The hives arrived in November 2022 after HPE’s Customer Innovation Center manager, Amanda Peña, asked leadership if the company could work with the corporate campus program of Houston-based nonprofit Hives for Heroes, where veterans keep beehives to facilitate a healthy transition from service. Peña’s husband, Mario, a former infantryman in the Marine Corps, had a difficult transition out of the military.

“I thought if we could have something like this, if he could have had something like this, it would have made his transition easier,” Peña said. “Not only did I see it as something where we could help a veteran in the community, but help our immediate environment overall. Pollinators are on the decline.”

The program took off, beginning with six hives. Veterans with Hives for Heroes take the lead on keeping the bees, and employees can safely visit the bees to be “beekeeper for a day.” The bees in 2023 produced about 150 pounds of honey, which was given to local nonprofits.

But when the queens of two hives died during cold weather last year, Peña said she realized HPE could use its technology to safeguard the hives’ health. HPE now has four sensor- and camera-equipped hives that produce data as well as honey. HPE works with honeybee experts and Hives for Heroes to learn more about bees and how best to ensure their survival.

HPE installed sensors by bee technology firm Broodminder to monitor factors such as humidity, temperature and weight so hives are at optimal levels, Peña said.
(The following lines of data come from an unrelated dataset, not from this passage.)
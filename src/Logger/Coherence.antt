-- ===== src/Logger/Coherence.antt =====
-- internal/logger/manager.go: the policies that the writers follow.

use tmidb_core.Base.{
  ◌≡◌, refl, sym, subst, ◌∙◌, Option, some, Text, arith, ltb, if◌then◌else◌, text_eq, text_eq_iff,
  Bool-cases, Option-cases, inl, inr,
}
use tmidb_core.Base.Dict
use tmidb_core.Base.Dict.{lookup}
use tmidb_core.Logger.{LogLevel, RetentionPolicy, ProcessWriter, Manager}
use tmidb_core.Logger.Writer.{Disk, rotate, append_entry, write}
use tmidb_core.Logger.Policies.{
  Opening, opened, failed, get_log_policy, set_log_policy, create_writer, get_writer, write_log,
  rank,
}

-- Every writer follows the policy of its component.
abbrev pub IsCoherent : Manager → Type 0
IsCoherent m =
    (j : Text) (w : ProcessWriter) → lookup j m.writers ≡ some w → w.policy ≡ get_log_policy j m

rotate-policy : (disk : Disk) (w : ProcessWriter) → (rotate disk w).0.policy ≡ w.policy
unfolding rotate
rotate-policy disk w = ground arith

append_entry-policy :
    (disk : Disk) (entry : Text) (w : ProcessWriter)
    → (append_entry disk entry w).0.policy ≡ w.policy
unfolding append_entry
append_entry-policy disk entry w = ground arith

write-policy :
    (disk : Disk) (entry : Text) (w : ProcessWriter) → (write disk entry w).0.policy ≡ w.policy
unfolding write
write-policy disk entry w = ground (
  arith,
  rotate-policy disk w,
  append_entry-policy disk entry w,
  append_entry-policy disk entry (rotate disk w).0,
)

insert-IsCoherent :
    (k : Text) (v : ProcessWriter) (m : Manager)
    → v.policy ≡ get_log_policy k m
    → IsCoherent m
    → IsCoherent (record m { writers = Dict.insert k v m.writers })
unfolding get_log_policy
insert-IsCoherent k v m same all j w h = elim (Bool-cases (text_eq k j)) [
  | inl e ↦
      let it : v ≡ w = ground (arith, Dict.lookup-insert k j v m.writers, e, h) in
      subst (λ i. w.policy ≡ get_log_policy i m) ((text_eq_iff k j).0 e)
        (subst (λ x. x.policy ≡ get_log_policy k m) it same)
  | inr e ↦ all j w (sym (Dict.lookup-insert k j v m.writers ∙ rw e) ∙ h)
]

pub get_writer-IsCoherent :
    (component : Text) (opening : Opening) (m : Manager)
    → IsCoherent m
    → IsCoherent (get_writer component opening m).0
unfolding get_writer create_writer
get_writer-IsCoherent component opening m all = elim (Option-cases (lookup component m.writers)) [
  | inl e ↦ elim opening as (λ o. IsCoherent (get_writer component o m).0) [
    | failed t ↦ rw (e, get_writer) (rw (e, create_writer) all)
    | opened file size rotated ↦
        rw (e, get_writer) (rw (e, create_writer) (insert-IsCoherent component _ m refl all))
  ]
  | inr (w, e) ↦ rw (e, get_writer) all
]

get_writer_found :
    (component : Text) (opening : Opening) (m : Manager) (w : ProcessWriter)
    → (get_writer component opening m).1 ≡ some w
    → lookup component (get_writer component opening m).0.writers ≡ some w
unfolding get_writer create_writer
get_writer_found component opening m w h = elim (Option-cases (lookup component m.writers)) [
  | inl e ↦
      elim opening
          as (λ o.
            (get_writer component o m).1 ≡ some w
            → lookup component (get_writer component o m).0.writers ≡ some w) [
              | failed t ↦ λ g. absurd (ground (arith, e, g))
              | opened file size rotated ↦ λ g.
                  let v : ProcessWriter = record {
                    component = component;
                    file = file;
                    current_size = size;
                    rotation_count = 0;
                    policy = get_log_policy component m;
                    rotated = rotated;
                  } in
                  ground (
                    arith,
                    e,
                    g,
                    Dict.lookup-insert component component v m.writers,
                    text_eq_iff component component,
                  )
            ]
        h
  | inr (v, e) ↦ ground (arith, e, h)
]

pub write_log-IsCoherent :
    (marshal : Text → LogLevel → Text → Option Text) (component : Text) (level : LogLevel)
    (message : Text) (opening : Opening) (disk : Disk) (m : Manager)
    → IsCoherent m
    → IsCoherent (write_log marshal component level message opening disk m).0
unfolding write_log
write_log-IsCoherent marshal component level message opening disk m all =
    let r = get_writer component opening m in
    let after : IsCoherent r.0 = get_writer-IsCoherent component opening m all in
    elim (Bool-cases (ltb (rank level) (rank m.config.level))) [
      | inl low ↦ rw (low, write_log) all
      | inr high ↦ elim (Option-cases r.1) [
        | inl n ↦ rw (high, write_log) (rw n after)
        | inr (w, e) ↦ elim (Option-cases (marshal component level message)) [
          | inl n ↦ rw (high, write_log) (rw (e, n) after)
          | inr (entry, f) ↦
              let same : (write disk entry w).0.policy ≡ get_log_policy component r.0 =
                write-policy disk entry w
                ∙ after component w (get_writer_found component opening m w e) in
              let written = insert-IsCoherent component (write disk entry w).0 r.0 same after in
              elim (Option-cases (write disk entry w).1) [
                | inl n ↦ rw (high, write_log) (rw (e, f) (rw n written))
                | inr (t, n) ↦ rw (high, write_log) (rw (e, f) (rw n written))
              ]
        ]
      ]
    ]

policy_after :
    (component j : Text) (policy : RetentionPolicy) (m : Manager)
    → get_log_policy j (set_log_policy component policy m) ≡ (
        if text_eq component j then record policy { component = component } else get_log_policy j m)
unfolding set_log_policy get_log_policy
policy_after component j policy m =
    ground
      (arith, Dict.lookup-insert component j (record policy { component = component }) m.policies)

writer_after :
    (component j : Text) (policy : RetentionPolicy) (m : Manager) (w : ProcessWriter)
    → lookup j (set_log_policy component policy m).writers ≡ some w
    → (v : ProcessWriter) × (lookup j m.writers ≡ some v)
      × (w.policy
          ≡ (if text_eq component j then record policy { component = component } else v.policy))
unfolding set_log_policy
writer_after component j policy m w h =
    let p : RetentionPolicy = record policy { component = component } in
    elim (Option-cases (lookup component m.writers)) [
      | inl n ↦ elim (Bool-cases (text_eq component j)) [
        | inl e ↦ absurd (ground (arith, n, h, (text_eq_iff component j).0 e))
        | inr e ↦ (w, ground (arith, n, h), rw e)
      ]
      | inr (v, f) ↦ elim (Bool-cases (text_eq component j)) [
        | inl e ↦ (
          v,
          subst (λ k. lookup k m.writers ≡ some v) ((text_eq_iff component j).0 e) f,
          rw e (
              ground (
                arith,
                f,
                h,
                e,
                Dict.lookup-insert component j (record v { policy = p }) m.writers,
              )),
        )
        | inr e ↦ (
          w,
          ground
              (arith, f, h, e, Dict.lookup-insert component j (record v { policy = p }) m.writers),
          rw e,
        )
      ]
    ]

pub set_log_policy-IsCoherent :
    (component : Text) (policy : RetentionPolicy) (m : Manager)
    → IsCoherent m
    → IsCoherent (set_log_policy component policy m)
set_log_policy-IsCoherent component policy m all j w h =
    let (v, found, follows) = writer_after component j policy m w h in
    follows ∙ ground (arith, policy_after component j policy m, all j v found)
Some of the sensors’ locations were determined by trial and error, HPE technology evangelist Dan Kortenhoeven said. HPE employees realized that a sensor on the top, bottom and sides of the hive box would produce inaccurate swings in temperatures because bees huddle more toward the hive’s middle during the winter to keep their young warm.

The data could be used to develop predictive models for hive health, said Chad Smykay, AI CTO for digital solutions at HPE.
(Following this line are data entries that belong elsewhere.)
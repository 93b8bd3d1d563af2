-- ===== src/Logger/Retention.antt =====
-- internal/logger/manager.go: the removal of old log files.
use tmidb_core.Base.{
  ℕ, ◌+◌, ◌-◌, Bool, List, [], ◌∷◌, Option, none, some, ltb, if◌then◌else◌, length, take, map, Text,
  ℤ, pos, pos_part, neg_part, ltb_int,
}
use tmidb_core.Base.Dict
use tmidb_core.Logger.{RetentionPolicy}

-- The log files of a component, each path with its time of modification.
abbrev pub LogFiles : Type 0
LogFiles = List (Text × ℕ)

-- Modified before `now - MaxAge`.
abbrev pub is_old : ℕ → ℤ → ℕ → Bool
is_old now max_age modified = ltb (modified + pos_part max_age) (now + neg_part max_age)

-- `files` are in the order of `sort.Slice`, the oldest first; the result is what is left of them.
-- `none` is a panic: with a negative `MaxFiles` the second loop runs past the end.
unfoldable pub cleanup_component_logs : ℕ → RetentionPolicy → LogFiles → Option LogFiles
cleanup_component_logs now policy files =
    let left =
      Dict.delete_keys (Dict.select (λ path modified. is_old now policy.max_age modified) files)
        files in
    if ltb_int policy.max_files (pos (length files))
    then (if ltb_int policy.max_files (pos 0)
        then none
        else some (
            Dict.delete_keys
              (map (λ e. e.0) (take (length files - pos_part policy.max_files) files)) left))
    else some left

-- The directories of the components that have a policy, after `cleanupOldLogs`.
unfoldable pub cleanup_old_logs :
    ℕ → List (Text × RetentionPolicy) → List (Text × LogFiles) → Option (List (Text × LogFiles))
cleanup_old_logs now [] dirs = some dirs
cleanup_old_logs now ((component, policy) ∷ policies) dirs =
    if policy.enabled
    then elim (Dict.lookup component dirs) [
      | none ↦ cleanup_old_logs now policies dirs
      | some files ↦ elim (cleanup_component_logs now policy files) [
        | none ↦ none
        | some left ↦ cleanup_old_logs now policies (Dict.insert component left dirs)
      ]
    ]
    else cleanup_old_logs now policies dirs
Cloud-based technology houses all data, stored on humming servers in a colorful garage at HPE’s Customer Innovation Center. HPE hopes to contribute this data to support research on bees, Kortenhoeven said.

“The idea is that when we have a health issue with our bees, we can go back to the data from the last six months and say, ‘What was unique about that data for this hive that wasn’t unique to the other hives?’ And that may indicate something was going awry with the hive before we even knew it, and then we can pick up on that and prevent it in the future,” Kortenhoeven said. It also can help determine why some hives perform better than others.

HPE plans on more data collecting, such as with acoustic sensors to monitor queens because queens sound different than the rest of the hive.

This can help the company predict, for example, a case of multiple queens. Worker bees may choose and raise one bee to be a queen, Peña said, but sometimes more than one queen can emerge. The queens will either battle it out (resulting in the loser’s death) or split off to form new hives. But they’ve had instances where there are six queen cells, Peña said, and when that happens the first queen to emerge gathers other bees to kill the other five queens.

With data, HPE and Hives for Heroes may be able to predict when that happens and move bees around accordingly, Smykay said.

Veteran Troy Yard works with the bees at local corporate campuses for Hives For Heroes and helps employees in the “beekeeper for a day” program suit up and visit the hives safely. Yard said humans could learn from honey bees.

“The interconnectivity of them all working together is also fascinating,” Yard said. “Coming from the military after 30 years, that’s our whole lives. It’s working together, helping one another out.”

And there’s much to learn from the work ethic of a bee. A bee will work her entire life — approximately 60 days — traveling more distance than the earth’s circumference to make a twelfth of a teaspoon of honey for those that come after her, Yard said.

“That’s how we should be as we travel the circumference of this earth as many times as we can for those that come after us, helping others,” Yard said.